Alors que certains virus sont faciles à isoler et à manipuler dans des modèles de culture cellulaire, le VHC reste difficile à dupliquer in vitro. Ainsi, l’étude complète du VHC reste compliquée en raison de son tropisme restreint. Les cellules sensibles à l’infection naturelle par le VHC sont : les hépatocytes, les lymphocytes, les cellules biliaires et les entérocytes [336]. Actuellement, les modèles in vitro les plus couramment utilisés consistent en l’infection d’hépatocytes humains en culture primaire (HFH, PH), de cellules primaires immortalisées (IHH) et de lignées d’hépatomes humains (Huh7, HepG2, HepaRG, etc.) [51, 337].

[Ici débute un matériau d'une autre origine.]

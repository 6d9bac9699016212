-- ===== src/Tests/Initializing.antt =====
-- Runs of cmd/hambo-server/init.go, that succeed and that fail.
use Prim.Native.Char.{code}
use text.Mathlib.TextLemmas.{cons≢nil}
use hambo.Base.{
  some-injective, ◌∙◌, String, true, false, List, [], ◌∷◌, Option, none, some, Error, ◌≡◌, refl,
  arith, nat_eq, if◌then◌else◌, failure, dec_string, Bool, ◌==◌,
}
use hambo.CliConfig.{Config}
use hambo.Files.Dirs.{Undone}
use hambo.Files.{directory, file, Files, NewFile, join_path}
use hambo.Files.Calls.{Works}
use hambo.Pki.Authority.{X509}
use hambo.Pki.Save.{SaveCalls}
use hambo.Command.Init.{InitRun, init, pki_dir}
use hambo.Command.Init.Atomic.{init-Keeps, init-Undone}
use hambo.Command.Init.Complete.{Initialized, init-Initialized}
use hambo.Command.Init.Ready.{AreReadable}
use hambo.Command.Init.Succeeds.{AllWork, IsFree, AreTotal, init-fine}
use hambo.Tests.Certificates.{Plain, plain_x509, plain_x509-AreLawful, encoded-some}

-- A configuration as a text: each character after a mark, each field with its end.
field : String → String → String
field String.[] rest = String.◌∷◌ "." rest
field (String.◌∷◌ c s) rest = String.◌∷◌ "x" (String.◌∷◌ c (field s rest))

next : Bool → String → String × String
next false String.[] = ("", "")
next false (String.◌∷◌ c s) =
    let rest = next true s in if nat_eq (code c) b'.' then ("", s) else rest
next true String.[] = ("", "")
next true (String.◌∷◌ c s) = let rest = next false s in (String.◌∷◌ c rest.0, rest.1)

next-field : (s rest : String) → next false (field s rest) ≡ (s, rest)
unfolding next field
next-field String.[] rest = refl
next-field (String.◌∷◌ c s) rest = ground (arith, next-field s rest)

marshal : Config → Option String
unfolding field
marshal cfg =
    some
      (field cfg.server_url (field cfg.ca_cert (field cfg.client_cert (field cfg.client_key ""))))

unmarshal : String → Option Config
unfolding next
unmarshal s =
    let (url, s1) = next false s in
    let (ca, s2) = next false s1 in
    let (crt, s3) = next false s2 in
    let (key, s4) = next false s3 in
    some (record { server_url = url; ca_cert = ca; client_cert = crt; client_key = key })

read_back : (cfg : Config) (text : String) → marshal cfg ≡ some text → unmarshal text ≡ some cfg
unfolding marshal unmarshal
read_back cfg text h =
    let f3 = field cfg.client_key "" in
    let f2 = field cfg.client_cert f3 in
    let f1 = field cfg.ca_cert f2 in
    ground (
      arith,
      next-field cfg.server_url f1,
      next-field cfg.ca_cert f2,
      next-field cfg.client_cert f3,
      next-field cfg.client_key "",
    )

readable : AreReadable plain_x509 marshal unmarshal
readable = record {
  some_certificate = encoded-some;
  some_key = λ key pem h e. cons≢nil (some-injective (String.◌∷◌ "K" key) pem h ∙ e);
  read_back = read_back;
}

total : AreTotal plain_x509 marshal
unfolding marshal
total = record {
  creates = λ t key issuer e. ground arith;
  encodes = λ key e. ground arith;
  marshals = λ cfg e. ground arith;
}

abbrev fine_file : NewFile
fine_file = record { opens = true; writes = true; closes = true; removes = true; partial = "" }

abbrev fine_calls : SaveCalls
fine_calls = record { makes_dir = λ path. true; crt = fine_file; key = fine_file }

abbrev fine_run : InitRun String
fine_run = record {
  now = 1000;
  ca_key = some "ca";
  server_key = some "server";
  admin_key = some "admin";
  ca_calls = fine_calls;
  server_calls = fine_calls;
  config_calls = fine_file;
  ca_removes = (true, true);
  server_removes = (true, true);
}

works : Works fine_file
works = record { opens = refl; writes = refl; closes = refl }

all_work : AllWork fine_run
all_work = record {
  ca_key = λ e. ground arith;
  server_key = λ e. ground arith;
  admin_key = λ e. ground arith;
  ca_dir = λ path. refl;
  ca_crt = works;
  ca_pem = works;
  server_dir = λ path. refl;
  server_crt = works;
  server_pem = works;
  config = works;
}

abbrev no_files : Files
no_files path = none

is_free : IsFree "data" no_files
is_free = record {
  ca_crt = refl;
  ca_key = refl;
  server_crt = refl;
  server_key = refl;
  admin = refl;
  dirs = λ p h. refl;
}

init-fine_example : (init plain_x509 marshal unmarshal fine_run "data" no_files).0 ≡ []
init-fine_example =
    init-fine plain_x509 marshal unmarshal plain_x509-AreLawful total fine_run "data" all_work
      no_files is_free

is_initialized : (init plain_x509 marshal unmarshal fine_run "data" no_files).0 ≡ []
is_initialized =
    init-fine plain_x509 marshal unmarshal plain_x509-AreLawful total fine_run "data" all_work
      no_files is_free

init-Initialized_example :
    Initialized plain_x509 marshal unmarshal plain_x509-AreLawful readable fine_run "data" no_files
      (init plain_x509 marshal unmarshal fine_run "data" no_files).1
init-Initialized_example =
    init-Initialized plain_x509 marshal unmarshal plain_x509-AreLawful readable fine_run "data"
      no_files is_initialized

-- An old configuration is in the way of the last file.
abbrev old_admin : Files
old_admin path = if path == "data/admin.yaml" then some (file "old") else none

-- The texts of certificates and keys do not matter to what goes again.
abbrev same_x509 : X509 String Plain
same_x509 = record plain_x509 { encode_certificate = λ c. "PEM" }

fails :
    (e : Error) × (es : List Error) × ((init same_x509 marshal unmarshal fine_run "data"
        old_admin).0
      ≡ e ∷ es)
unfolding init dec_string join_path marshal
fails = (failure "file exists", [], refl)

init-Undone_example :
    Undone (pki_dir "data") old_admin (init same_x509 marshal unmarshal fine_run "data" old_admin).1
init-Undone_example =
    init-Undone same_x509 marshal unmarshal fine_run "data" old_admin
      (record {
        ca_crt = refl;
        ca_key = refl;
        server_crt = refl;
        server_key = refl;
        config = refl;
        ca_crt_later = refl;
        ca_key_later = refl;
        server_crt_later = refl;
        server_key_later = refl;
      })
      (λ h. ground (arith, fails.2))

-- The directory of the keys stays, and the one above it.
left_behind :
    ((init same_x509 marshal unmarshal fine_run "data" old_admin).1 "data/pki" ≡ some directory)
    × ((init same_x509 marshal unmarshal fine_run "data" old_admin).1 "data" ≡ some directory)
    × ((init same_x509 marshal unmarshal fine_run "data" old_admin).1 "data/pki/ca.crt" ≡ none)
unfolding init dec_string join_path marshal
left_behind = (refl, refl, refl)

-- Nothing that was made can be removed.
abbrev stuck_run : InitRun String
stuck_run = record fine_run { ca_removes = (false, false); server_removes = (false, false) }

init-Keeps_example :
    (init same_x509 marshal unmarshal stuck_run "data" old_admin).1 "data/admin.yaml"
    ≡ some (file "old")
unfolding dec_string
init-Keeps_example =
    init-Keeps same_x509 marshal unmarshal stuck_run "data" old_admin "data/admin.yaml" (file "old")
      refl
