-- ===== src/Tests/Joins.antt =====
-- A node enrolls with a token, and a worker begins a session.
use hambo.Base.{
  differ, ℕ, String, true, List, [], ◌∷◌, ◌≡◌, refl, Result, ok, err, dec_string, some, arith,
}
use hambo.Store.Memory.{find, erase, put}
use hambo.Store.Collection.{get_tx, update_tx, create_tx}
use hambo.Model.Token.{expired}
use hambo.Api.Join.{
  JoinNodeRequest, Joined, other_request, enrolled, fresh_node, enroll, use_token, join_tx,
}
use hambo.Api.Join.Enroll.{Enrolled, join_tx-enrolls}
use hambo.Api.Join.Retry.{join_tx-single_use}
use hambo.Api.Report.{ReportNodeStatusRequest}
use hambo.Api.Session.{renewed, session_tx}
use hambo.Tests.Fixtures.{Db, collections, collections-AreLawful, node_named, busy_db, unused_token}

abbrev pub issue : ℕ → String → List ℕ → Result String
issue now node_id csr = ok "cert"

abbrev pub request : JoinNodeRequest
request = record { name = "worker"; csr = 1 ∷ [] }

abbrev other_worker : JoinNodeRequest
other_worker = record { name = "other"; csr = 2 ∷ [] }

abbrev pub answered : Joined
answered = record { status_code = 201; response = record { node_id = "n"; certificate = "cert" } }

abbrev pub joined_db : Db
joined_db = record busy_db {
  nodes = some (("n", fresh_node "n" request) ∷ ("a", node_named "a") ∷ ("b", node_named "b") ∷ []);
  tokens = some (("h", record unused_token { enrollment = some (enrolled "r" "n" "cert") }) ∷ []);
}

pub joined_db-reached :
    join_tx collections issue 110 "n" "h" "r" request busy_db ≡ ok (answered, joined_db)
unfolding join_tx enroll use_token expired get_tx create_tx update_tx find put erase dec_string
joined_db-reached = refl

pub unused : collections.tokens.get_tx "h" busy_db.tokens ≡ ok unused_token
unfolding get_tx find dec_string
unused = refl

join_tx-enrolls_example :
    Enrolled collections issue "n" "h" "r" request unused_token answered busy_db joined_db
join_tx-enrolls_example =
    join_tx-enrolls collections issue collections-AreLawful 110 "n" "h" "r" request unused_token
      answered busy_db joined_db unused refl joined_db-reached

join_tx-single_use_example :
    join_tx collections issue 120 "k" "h" "q" other_worker joined_db ≡ err other_request
unfolding dec_string
join_tx-single_use_example =
    join_tx-single_use collections issue collections-AreLawful 110 120 "n" "k" "h" "r" "q" request
      other_worker answered busy_db joined_db unused_token unused (omega arith)
      (differ "q" "r" refl) joined_db-reached

abbrev session_db : Db
session_db = record busy_db {
  nodes = some (("a", renewed "s2" (node_named "a")) ∷ ("b", node_named "b") ∷ []);
}

abbrev old_report : ReportNodeStatusRequest
old_report = record { session_id = "s1"; sequence = 9; runtime_ready = true; containers = [] }

session_db-reached : session_tx collections "a" "s2" busy_db ≡ ok (tt, session_db)
unfolding session_tx get_tx update_tx find put erase dec_string
session_db-reached = refl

• Les cellules et lignées cellulaires utilisées
L’étude de l’infection par le VHC passe par l’utilisation de cultures primaires d’hépatocytes immortalisées (IHH) par l’antigène T du virus SV40 ou des cultures primaires de foie fœtal humain (HFH) [333]. Cependant, des travaux ont montré que les IHH, bien qu’aussi permissives que les Huh7 à l’infection, conduisaient à une production de particules virales très faible [338]. Par ailleurs, l’utilisation courante de HFH reste très limitée en raison du manque de matériel. Pour y remédier, les chercheurs ont généralisé l’utilisation d’hépatocytes primaires humains adultes (PHH) obtenus lors d’une résection chirurgicale. Ce modèle a l’avantage de préserver les fonctions biologiques des cellules (cytochrome P450, enzymes de conjugaison, transporteur, métabolisme lipidique, etc.) [339]. Néanmoins, la réplication aboutit généralement à une production faible de virus infectieux [340]. Ainsi, afin d’étudier tous les aspects de l’infection par le virus de l’hépatite C, l’utilisation de lignées cellulaires (Huh7, HepG2 et HepaRG) restent l’un des meilleurs choix. En effet, ces lignées sont facilement accessibles et directement manipulables. De plus, le fait qu’elles soient immortalisées favorise la reproductibilité des résultats. Cependant, bien que dérivées d’hépatomes humains, elle ne reflètent pas réellement la physiologie et la polarisation des hépatocytes primaires
[332]. Plus récemment, travaux ont fait part de l’utilisation des tranches de foie (350μm) prélevées
lors d’hépatectomies mais ce modèle reste encore à mettre sur pied [341].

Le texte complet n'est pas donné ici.